BAGHDAD -- Security guards supposedly allied with U.S. forces have fired on American troops twice in the last two weeks, a U.S. military spokesman said today amid allegations that civilians were being killed by errant gunfire.

Navy Rear Adm. Gregory Smith said it was not known why the Iraqis, members of the Sons of Iraq civilian security corps, had shot at U.S. troops.

His comments came a day after SOI fighters, who are civilians voluntarily guarding their towns and neighborhoods, abandoned their posts in a volatile area south of Baghdad to protest the deaths of three guards killed Friday by U.S. forces.
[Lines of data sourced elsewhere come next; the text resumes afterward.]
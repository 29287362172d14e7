-- ===== src/System/Progress.antt =====
-- One delivery from worker to worker: the broker gives the message that
-- backend/src/worker/handle-delivery.js leaves behind to the next worker, once its time is up.
use hook_tracker.Prelude.{
  ℕ, suc, ◌+◌, ◌<◌, ◌≤◌, ◌≡◌, refl, sym, ◌∙◌, subst, ◌⊎◌, inl, inr, List, [], ◌∷◌, ◌++◌, Option,
  none, some, Bool, true, false, arith, length, keep, ==_refl, All, is_some,
}
use hook_tracker.Retry.{retry_schedule}
use hook_tracker.Status.{is_terminal}
use hook_tracker.Store.{find_row, Delivery, Endpoint, Event}
use hook_tracker.World.{World, Reply, returned, thrown, world, Message, has_endpoint}
use hook_tracker.Exchange.{
  Env, Headers, Outcome, unknown_delivery, already_finalised, endpoint_disabled, throttled,
  handled_ok, retrying_on, ssrf_blocked, failed,
}
use hook_tracker.Carried.{carries}
use hook_tracker.Consumer.{settle}
use hook_tracker.System.{with_queue, dead_letters_to}
use hook_tracker.Worker.{handle_delivery}
use hook_tracker.Worker.Completion.{Handled}
use hook_tracker.Worker.Trail.{Extends}
use hook_tracker.Worker.Audit.{handle_delivery-Extends}
use hook_tracker.Worker.Settled.{Ended}
use hook_tracker.Worker.Handled.{handle_delivery-Settled}
use hook_tracker.System.Following.{
  no_faults, arrived, parks, follow, IsAlone, keep-append, take_live-some, arrived-same, carried_id,
  follow-stops,
}

abbrev is_done : Option Delivery → Bool
is_done none = false
is_done (some d) = is_terminal d.status

abbrev pub IsDone : ℕ → World → Type 0
IsDone id w = is_done (find_row id w.deliveries) ≡ true

-- The delivery is there with its event and its endpoint.
pub record IsJoined (id : ℕ) (w : World) : Type 0 where
  pub row : Delivery
  pub row_found : find_row id w.deliveries ≡ some row
  pub event_exists : is_some (find_row row.event_id w.events) ≡ true
  pub endpoint_exists : has_endpoint row.endpoint_id w ≡ true

-- A worker with the default schedule and MAX_ATTEMPTS, whose secrets decrypt.
pub record IsSound (most : ℕ) (e : Env) : Type 0 where
  pub default_schedule : e.schedule ≡ retry_schedule
  pub limit : e.config.max_attempts ≡ most
  pub signs :
      (id : ℕ) (d : Delivery) (ev : Event) (ep : Endpoint) (n at_ms : ℕ)
      → (h : Headers) × (e.build_headers id d ev ep n at_ms ≡ some h)

IsJoined-kept :
    (most id n : ℕ) (w w' : World) (d d' : Delivery)
    → Extends most id n w w'
    → is_some (find_row d.event_id w.events) ≡ true
    → has_endpoint d.endpoint_id w ≡ true
    → find_row id w'.deliveries ≡ some d'
    → d'.event_id ≡ d.event_id
    → d'.endpoint_id ≡ d.endpoint_id
    → IsJoined id w'
IsJoined-kept most id n w w' d d' x ev ep found e1 e2 = record {
  row = d';
  row_found = found;
  event_exists = rw (x.events_same, e1) ev;
  endpoint_exists = rw e2 (x.endpoints_stay d.endpoint_id ∙ ep);
}

-- The delivery is done with no message on its way, or each of the `length` workers parked it or
-- used up one attempt.
abbrev Reaches : ℕ → ℕ → ℕ → ℕ → ℕ × World → Type 0
Reaches most id length n r =
    (IsDone id r.1 × (keep (carries id) r.1.queue ≡ [])) ⊎ (length + n ≤ r.0 + most)

module _ (most id m : ℕ) (d : Delivery) (ev : Event) (ep : Endpoint) (e : Env) (h : Headers)
    (w : World) (k : World → ℕ × World) (left : ℕ) (below : suc m ≤ most)
    (limit : e.config.max_attempts ≡ most) (found : find_row id w.deliveries ≡ some d)
    (event : is_some (find_row d.event_id w.events) ≡ true)
    (endpoint : has_endpoint d.endpoint_id w ≡ true) (gone : keep (carries id) w.queue ≡ [])
    (stops : (v : World) → keep (carries id) v.queue ≡ [] → k v ≡ (0, v))
    (follows : (n : ℕ) (v : World)
      → suc n ≤ most
      → IsJoined id v
      → IsAlone id (suc n) v
      → Reaches most id left (suc n) (k v)) where
  -- What `follow` makes of a reply.
  abbrev Onward : Message → Reply Outcome → Type 0
  Onward a r = Reaches most id (suc left) (suc m) (parks r + (k (settle a r)).0, (k (settle a r)).1)

  stopped :
      (v : World)
      → IsDone id v
      → keep (carries id) v.queue ≡ []
      → Reaches most id (suc left) (suc m) (0 + (k v).0, (k v).1)
  stopped v done empty = rw (stops v empty) (inl (done, empty))

  -- One message more in the queue, as it is and where it is another's or a dead letter.
  added :
      (v : World) (x : Message)
      → v.queue ≡ w.queue ++ x ∷ []
      → carries id x ≡ true
      → IsAlone id x.attempt v
  added v x q own = record {
    message = x;
    only = rw (q, keep-append (carries id) w.queue (x ∷ []), gone, own) refl;
    numbered = refl;
  }

  dead :
      (v : World) (x : Message)
      → v.queue ≡ w.queue ++ x ∷ []
      → carries id x ≡ false
      → keep (carries id) v.queue ≡ []
  dead v x q other = rw (q, keep-append (carries id) w.queue (x ∷ []), gone, other) refl

  parked :
      (r : ℕ × World)
      → Reaches most id left (suc m) r
      → Reaches most id (suc left) (suc m) (1 + r.0, r.1)
  parked r (inl done) = inl done
  parked r (inr h) = inr (omega (arith, h))

  climbed :
      (r : ℕ × World)
      → Reaches most id left (suc (suc m)) r
      → Reaches most id (suc left) (suc m) (0 + r.0, r.1)
  climbed r (inl done) = inl done
  climbed r (inr h) = inr (omega (arith, h))

  Onward-Reaches :
      (a : Message) (granted : Bool) (r : Reply Outcome)
      → Ended r (Handled e ev h id (suc m) d ep granted w)
      → Extends most id (suc m) w (world r)
      → Onward a r
  unfolding settle
  Onward-Reaches a granted (returned unknown_delivery v) (why, s) x = elim s [ ]
  Onward-Reaches a granted (returned already_finalised v) (done, same) x =
      stopped v (rw (same, found) done) (rw same gone)
  Onward-Reaches a granted (returned endpoint_disabled v) (why, (row, one, queue)) x =
      stopped v (rw row refl) (rw queue gone)
  Onward-Reaches a granted (returned throttled v) (why, (row, one, queue)) x = parked (k v) (
      follows m v below (IsJoined-kept most id (suc m) w v d d x event endpoint row refl refl)
        (added v _ queue (ground (arith, ==_refl id))))
  Onward-Reaches a granted (returned handled_ok v) (why, (row, one, queue)) x =
      stopped v (rw row refl) (rw queue gone)
  Onward-Reaches a granted (returned (retrying_on name) v)
        ((sent, (bad, again, open_ladder, within)), (level, next, named, row, one, queue)) x =
      climbed (k v) (
        follows (suc m) v (omega (arith, open_ladder, limit))
          (IsJoined-kept most id (suc m) w v d _ x event endpoint row refl refl)
          (added v _ queue (ground (arith, ==_refl id))))
  Onward-Reaches a granted (returned ssrf_blocked v) (why, (row, one, queue)) x =
      stopped v (rw row refl) (dead v _ queue (ground arith))
  Onward-Reaches a granted (returned failed v) (why, (row, one, queue)) x =
      stopped v (rw row refl) (dead v _ queue (ground arith))
  Onward-Reaches a granted (thrown error v) s x = elim s [ ]

is_some-some : {A : Type 0} (o : Option A) → is_some o ≡ true → (a : A) × (o ≡ some a)
is_some-some none h = cc
is_some-some (some a) h = (a, refl)

-- What is shown of the worker that gets the message `a` with these two numbers.
abbrev Goes : ℕ → ℕ → ℕ → ℕ → (World → ℕ × World) → Env → World → Message → ℕ → ℕ → Type 0
Goes most id m left k e w a i n =
    let reply = handle_delivery e i n w in
    Reaches most id left (suc m) (parks reply + (k (settle a reply)).0, (k (settle a reply)).1)

follow-Reaches :
    (most id m : ℕ) (es : List Env) (w : World)
    → All (IsSound most) es
    → suc m ≤ most
    → IsJoined id w
    → IsAlone id (suc m) w
    → Reaches most id (length es) (suc m) (follow id es w)
unfolding follow
follow-Reaches most id m [] w sound below j a = inr (omega (arith, below))
follow-Reaches most id m (e ∷ es) w (s, sound) below j a =
    let (ev, event) = is_some-some (find_row j.row.event_id w.events) j.event_exists in
    let (ep, owner) = is_some-some (find_row j.row.endpoint_id w.endpoints) j.endpoint_exists in
    let (h, signed) = s.signs id j.row ev ep (suc m) e.started_at in
    let (rest, taken, gone, own) = take_live-some id w.queue a.message a.only in
    let start = with_queue rest (no_faults w) in
    let step =
      Onward-Reaches most id m j.row ev ep e h start (follow id es) (length es) below s.limit
        j.row_found j.event_exists j.endpoint_exists gone (follow-stops id es)
        (λ n v b jv av. follow-Reaches most id n es v sound b jv av) (arrived a.message) _
        (handle_delivery e id (suc m) start)
        (handle_delivery-Settled e id m j.row ev ep h start s.default_schedule refl j.row_found
          event owner signed).holds
        (subst (λ k. Extends k id (suc m) start (world (handle_delivery e id (suc m) start)))
          s.limit (handle_delivery-Extends e id (suc m) start)) in
    let numbers = arrived-same a.message (dead_letters_to a.message.place) in
    rw taken (
      subst
        (λ i.
          Goes most id m (suc (length es)) (follow id es) e start (arrived a.message) i
            (arrived a.message).attempt)
        (sym (numbers.0 ∙ carried_id id a.message own))
        (subst
          (λ n. Goes most id m (suc (length es)) (follow id es) e start (arrived a.message) id n)
          (sym (numbers.1 ∙ a.numbered)) step))

-- A delivery comes to an end. When no call fails, the schedule is the default one, every worker
-- has the same MAX_ATTEMPTS and the secrets decrypt: take a delivery with its event and its
-- endpoint, of which one message is on its way, with the attempt `m + 1`, and workers that take a
-- message of it from the queue one after another, as long as there is one. If they are at least as
-- many as the times that it was parked for want of a token plus the attempts from `m + 1` to
-- MAX_ATTEMPTS, then in the end it is SUCCEEDED, FAILED_PERMANENTLY or SKIPPED and no message of it
-- is on its way, whatever the receivers answer.
pub follow-IsDone :
    (most id m : ℕ) (es : List Env) (w : World)
    → All (IsSound most) es
    → suc m ≤ most
    → IsJoined id w
    → IsAlone id (suc m) w
    → (follow id es w).0 + most < length es + suc m
    → IsDone id (follow id es w).1 × (keep (carries id) (follow id es w).1.queue ≡ [])
follow-IsDone most id m es w sound below j alone enough =
    elim (follow-Reaches most id m es w sound below j alone) [
      | inl done ↦ done
      | inr short ↦ elim (spent short) [ ]
    ]
  where
    spent : (length es + suc m ≤ (follow id es w).0 + most) → ⊥
    spent short = omega (arith, enough, short)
Smith told a news conference that the three had been firing on a U.S. helicopter when the aircraft returned fire.

He also confirmed that some Sons of Iraq forces were among six Iraqis killed in a predawn gun battle Thursday in a northern Iraqi village.

In that case too, Smith said, Americans opened fire after being shot at.

"What's unknown to us is precisely what they thought they were shooting at," he said of the Sons of Iraq forces.

Smith said he did not believe that entire groups of the pro-U.S. forces had been taken over by insurgents but said some units clearly had infiltrators.

"There may in fact be Al Qaeda amongst" some units, Smith said, adding that investigations were ongoing to determine the backgrounds of the guards who had died.

The incidents have highlighted one of the potential problems with the grass-roots security program, which has grown to include about 80,000 Iraqi men and women nationwide. The corps is credited with bringing down violence in much of the country, but its members are not in uniform and often patrol in volatile areas plagued with insurgents.

Smith said the guards have reflective vests they are supposed to wear and that each unit is assigned a specific area to patrol. If they wear their uniforms and remain in their areas of operation, the chances of them being mistaken for insurgents are greatly reduced, he said.

Some SOI leaders, though, have accused the Americans of intentionally targeting them or of not being careful enough to avoid accidental killings.

Also today, a woman with explosives hidden beneath her traditional abaya blew herself up in Baghdad's Karada neighborhood. Iraqi police said at least three people were killed, but the U.S. military quoted Iraqi army officials as saying only the woman died.

According to a military statement, Iraqi soldiers noticed that the woman, who looked like a beggar, appeared out of place in the upscale neighborhood. When soldiers told her to stop and raise her hands, they noticed that she was grasping wires in one hand.

According to the statement, the troops opened fire, and the woman staggered backward into a shop, where the detonation occurred.